Collected data
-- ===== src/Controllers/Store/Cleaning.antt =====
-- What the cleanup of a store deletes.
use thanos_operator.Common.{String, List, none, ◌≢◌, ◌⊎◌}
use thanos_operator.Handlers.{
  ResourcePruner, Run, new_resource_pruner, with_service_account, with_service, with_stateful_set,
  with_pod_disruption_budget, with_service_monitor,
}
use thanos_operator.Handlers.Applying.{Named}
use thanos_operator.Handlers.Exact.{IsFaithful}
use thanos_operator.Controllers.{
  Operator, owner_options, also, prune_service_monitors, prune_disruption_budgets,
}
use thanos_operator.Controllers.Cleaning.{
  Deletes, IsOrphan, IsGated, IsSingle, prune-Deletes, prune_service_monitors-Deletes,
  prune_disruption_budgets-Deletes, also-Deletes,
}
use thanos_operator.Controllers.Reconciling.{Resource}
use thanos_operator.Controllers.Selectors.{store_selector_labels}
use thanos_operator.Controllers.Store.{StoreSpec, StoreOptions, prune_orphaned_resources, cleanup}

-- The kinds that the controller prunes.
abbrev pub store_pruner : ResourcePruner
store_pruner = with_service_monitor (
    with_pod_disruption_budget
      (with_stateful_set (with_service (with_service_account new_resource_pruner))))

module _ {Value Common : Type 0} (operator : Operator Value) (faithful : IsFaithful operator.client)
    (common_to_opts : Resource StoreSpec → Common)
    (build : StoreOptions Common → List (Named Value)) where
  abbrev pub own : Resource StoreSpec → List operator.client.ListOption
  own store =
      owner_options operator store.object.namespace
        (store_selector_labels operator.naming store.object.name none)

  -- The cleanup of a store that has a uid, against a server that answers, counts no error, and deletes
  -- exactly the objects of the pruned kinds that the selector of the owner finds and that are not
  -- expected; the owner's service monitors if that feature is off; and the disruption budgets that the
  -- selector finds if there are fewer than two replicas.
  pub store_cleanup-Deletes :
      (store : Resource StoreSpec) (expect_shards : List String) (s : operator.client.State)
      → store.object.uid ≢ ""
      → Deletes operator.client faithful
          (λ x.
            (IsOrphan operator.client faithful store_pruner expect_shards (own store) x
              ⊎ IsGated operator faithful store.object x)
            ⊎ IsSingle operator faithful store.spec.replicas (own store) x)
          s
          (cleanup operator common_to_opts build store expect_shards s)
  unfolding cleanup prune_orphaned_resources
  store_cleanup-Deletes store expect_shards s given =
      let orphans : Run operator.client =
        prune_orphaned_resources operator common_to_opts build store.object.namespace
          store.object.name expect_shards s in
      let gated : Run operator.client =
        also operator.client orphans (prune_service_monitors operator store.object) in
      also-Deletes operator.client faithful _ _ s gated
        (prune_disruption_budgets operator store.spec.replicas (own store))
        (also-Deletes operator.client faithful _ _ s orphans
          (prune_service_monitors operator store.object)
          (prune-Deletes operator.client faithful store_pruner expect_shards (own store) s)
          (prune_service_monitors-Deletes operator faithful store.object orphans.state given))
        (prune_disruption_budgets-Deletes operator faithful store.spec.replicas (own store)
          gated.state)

* * *

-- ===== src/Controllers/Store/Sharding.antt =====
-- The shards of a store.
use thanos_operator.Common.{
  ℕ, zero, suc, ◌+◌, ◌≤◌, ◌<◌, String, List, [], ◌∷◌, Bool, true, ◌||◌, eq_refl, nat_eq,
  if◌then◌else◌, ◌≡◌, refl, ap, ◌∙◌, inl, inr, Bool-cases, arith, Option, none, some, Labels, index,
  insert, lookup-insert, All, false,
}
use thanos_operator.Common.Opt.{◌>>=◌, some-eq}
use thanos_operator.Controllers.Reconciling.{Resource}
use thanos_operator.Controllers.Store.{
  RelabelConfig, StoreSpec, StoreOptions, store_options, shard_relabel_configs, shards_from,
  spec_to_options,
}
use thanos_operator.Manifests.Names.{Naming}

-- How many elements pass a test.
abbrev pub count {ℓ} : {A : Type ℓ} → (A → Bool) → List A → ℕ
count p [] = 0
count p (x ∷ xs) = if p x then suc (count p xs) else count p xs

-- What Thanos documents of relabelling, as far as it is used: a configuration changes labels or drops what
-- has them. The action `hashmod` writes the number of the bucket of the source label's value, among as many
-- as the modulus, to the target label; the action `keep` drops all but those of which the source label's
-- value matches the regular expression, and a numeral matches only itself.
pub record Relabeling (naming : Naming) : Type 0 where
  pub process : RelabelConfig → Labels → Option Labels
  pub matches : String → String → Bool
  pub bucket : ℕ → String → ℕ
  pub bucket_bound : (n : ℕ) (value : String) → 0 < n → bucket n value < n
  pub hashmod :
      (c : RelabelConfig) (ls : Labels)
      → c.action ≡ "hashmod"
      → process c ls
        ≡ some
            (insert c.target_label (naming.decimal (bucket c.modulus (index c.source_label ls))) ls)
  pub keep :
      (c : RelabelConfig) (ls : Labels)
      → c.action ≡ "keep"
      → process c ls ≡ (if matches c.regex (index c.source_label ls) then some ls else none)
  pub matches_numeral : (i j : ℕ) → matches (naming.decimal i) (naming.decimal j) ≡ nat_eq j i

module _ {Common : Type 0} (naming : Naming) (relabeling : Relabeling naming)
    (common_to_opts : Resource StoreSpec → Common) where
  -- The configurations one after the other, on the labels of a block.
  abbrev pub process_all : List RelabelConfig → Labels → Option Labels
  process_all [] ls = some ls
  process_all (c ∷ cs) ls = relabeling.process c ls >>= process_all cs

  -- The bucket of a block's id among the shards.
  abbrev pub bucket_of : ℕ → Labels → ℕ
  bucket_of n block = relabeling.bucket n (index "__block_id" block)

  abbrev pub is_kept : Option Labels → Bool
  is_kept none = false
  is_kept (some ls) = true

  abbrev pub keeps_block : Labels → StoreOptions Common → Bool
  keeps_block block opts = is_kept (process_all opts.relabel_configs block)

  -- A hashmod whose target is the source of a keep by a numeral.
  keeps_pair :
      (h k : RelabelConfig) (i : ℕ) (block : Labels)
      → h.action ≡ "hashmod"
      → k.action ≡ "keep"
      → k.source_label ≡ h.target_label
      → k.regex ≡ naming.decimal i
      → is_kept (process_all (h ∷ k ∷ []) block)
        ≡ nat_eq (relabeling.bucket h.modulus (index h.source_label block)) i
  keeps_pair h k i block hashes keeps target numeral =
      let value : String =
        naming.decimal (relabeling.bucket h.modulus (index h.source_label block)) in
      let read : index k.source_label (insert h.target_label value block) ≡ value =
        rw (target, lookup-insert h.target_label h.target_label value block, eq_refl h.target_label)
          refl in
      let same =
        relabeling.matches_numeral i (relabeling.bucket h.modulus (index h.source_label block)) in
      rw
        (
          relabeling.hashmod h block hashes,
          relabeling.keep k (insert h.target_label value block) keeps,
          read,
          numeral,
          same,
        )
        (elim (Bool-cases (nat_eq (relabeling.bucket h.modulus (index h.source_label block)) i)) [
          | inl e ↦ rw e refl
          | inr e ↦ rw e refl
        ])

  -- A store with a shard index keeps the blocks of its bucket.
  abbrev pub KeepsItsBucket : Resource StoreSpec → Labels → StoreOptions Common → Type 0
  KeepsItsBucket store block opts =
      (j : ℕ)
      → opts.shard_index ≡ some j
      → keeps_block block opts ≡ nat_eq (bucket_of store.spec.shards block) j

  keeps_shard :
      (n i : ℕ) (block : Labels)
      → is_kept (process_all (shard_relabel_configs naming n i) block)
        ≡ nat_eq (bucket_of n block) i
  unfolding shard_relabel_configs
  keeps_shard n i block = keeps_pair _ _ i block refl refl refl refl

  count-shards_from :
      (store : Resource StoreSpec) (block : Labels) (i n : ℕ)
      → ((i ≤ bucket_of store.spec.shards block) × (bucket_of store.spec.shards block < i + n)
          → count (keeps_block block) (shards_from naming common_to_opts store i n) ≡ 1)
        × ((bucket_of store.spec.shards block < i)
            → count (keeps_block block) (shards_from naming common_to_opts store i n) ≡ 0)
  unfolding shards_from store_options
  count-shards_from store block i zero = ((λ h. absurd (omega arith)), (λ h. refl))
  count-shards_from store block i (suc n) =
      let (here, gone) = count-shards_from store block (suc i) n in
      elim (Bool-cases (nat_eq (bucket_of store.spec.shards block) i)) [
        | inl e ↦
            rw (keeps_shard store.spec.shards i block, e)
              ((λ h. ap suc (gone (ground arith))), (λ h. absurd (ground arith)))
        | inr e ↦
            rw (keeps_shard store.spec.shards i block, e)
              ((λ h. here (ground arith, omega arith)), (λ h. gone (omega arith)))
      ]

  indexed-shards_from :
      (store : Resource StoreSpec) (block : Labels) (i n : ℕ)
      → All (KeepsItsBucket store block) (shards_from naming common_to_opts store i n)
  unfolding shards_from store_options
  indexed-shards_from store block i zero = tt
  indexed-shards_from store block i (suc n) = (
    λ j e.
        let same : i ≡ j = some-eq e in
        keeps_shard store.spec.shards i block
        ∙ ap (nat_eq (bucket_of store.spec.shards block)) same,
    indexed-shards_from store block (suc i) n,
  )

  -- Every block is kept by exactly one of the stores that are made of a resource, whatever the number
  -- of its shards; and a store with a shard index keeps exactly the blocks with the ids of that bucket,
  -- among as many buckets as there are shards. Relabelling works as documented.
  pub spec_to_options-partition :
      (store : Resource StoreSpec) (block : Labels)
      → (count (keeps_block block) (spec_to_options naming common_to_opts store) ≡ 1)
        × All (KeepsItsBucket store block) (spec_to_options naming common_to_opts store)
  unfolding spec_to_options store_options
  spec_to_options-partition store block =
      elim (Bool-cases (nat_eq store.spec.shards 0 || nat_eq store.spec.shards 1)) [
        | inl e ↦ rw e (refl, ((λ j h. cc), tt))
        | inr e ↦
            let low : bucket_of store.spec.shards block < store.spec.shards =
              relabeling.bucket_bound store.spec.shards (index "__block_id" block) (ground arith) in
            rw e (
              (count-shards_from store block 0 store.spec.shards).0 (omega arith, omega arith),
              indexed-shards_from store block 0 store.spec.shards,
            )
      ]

• **Exercise aim**
An exact, complete copy of the lines above from the one with "-- has them." through the one with "k.source_label ≡ h.target_label" is the whole answer.

• **Response to the task**
-- has them. The action `hashmod` writes the number of the bucket of the source label's value, among as many
-- as the modulus, to the target label; the action `keep` drops all but those of which the source label's
-- value matches the regular expression, and a numeral matches only itself.
pub record Relabeling (naming : Naming) : Type 0 where
  pub process : RelabelConfig → Labels → Option Labels
  pub matches : String → String → Bool
  pub bucket : ℕ → String → ℕ
  pub bucket_bound : (n : ℕ) (value : String) → 0 < n → bucket n value < n
  pub hashmod :
      (c : RelabelConfig) (ls : Labels)
      → c.action ≡ "hashmod"
      → process c ls
        ≡ some
            (insert c.target_label (naming.decimal (bucket c.modulus (index c.source_label ls))) ls)
  pub keep :
      (c : RelabelConfig) (ls : Labels)
      → c.action ≡ "keep"
      → process c ls ≡ (if matches c.regex (index c.source_label ls) then some ls else none)
  pub matches_numeral : (i j : ℕ) → matches (naming.decimal i) (naming.decimal j) ≡ nat_eq j i

module _ {Common : Type 0} (naming : Naming) (relabeling : Relabeling naming)
    (common_to_opts : Resource StoreSpec → Common) where
  -- The configurations one after the other, on the labels of a block.
  abbrev pub process_all : List RelabelConfig → Labels → Option Labels
  process_all [] ls = some ls
  process_all (c ∷ cs) ls = relabeling.process c ls >>= process_all cs

  -- The bucket of a block's id among the shards.
  abbrev pub bucket_of : ℕ → Labels → ℕ
  bucket_of n block = relabeling.bucket n (index "__block_id" block)

  abbrev pub is_kept : Option Labels → Bool
  is_kept none = false
  is_kept (some ls) = true

  abbrev pub keeps_block : Labels → StoreOptions Common → Bool
  keeps_block block opts = is_kept (process_all opts.relabel_configs block)

  -- A hashmod whose target is the source of a keep by a numeral.
  keeps_pair :
      (h k : RelabelConfig) (i : ℕ) (block : Labels)
      → h.action ≡ "hashmod"
      → k.action ≡ "keep"
      → k.source_label ≡ h.target_label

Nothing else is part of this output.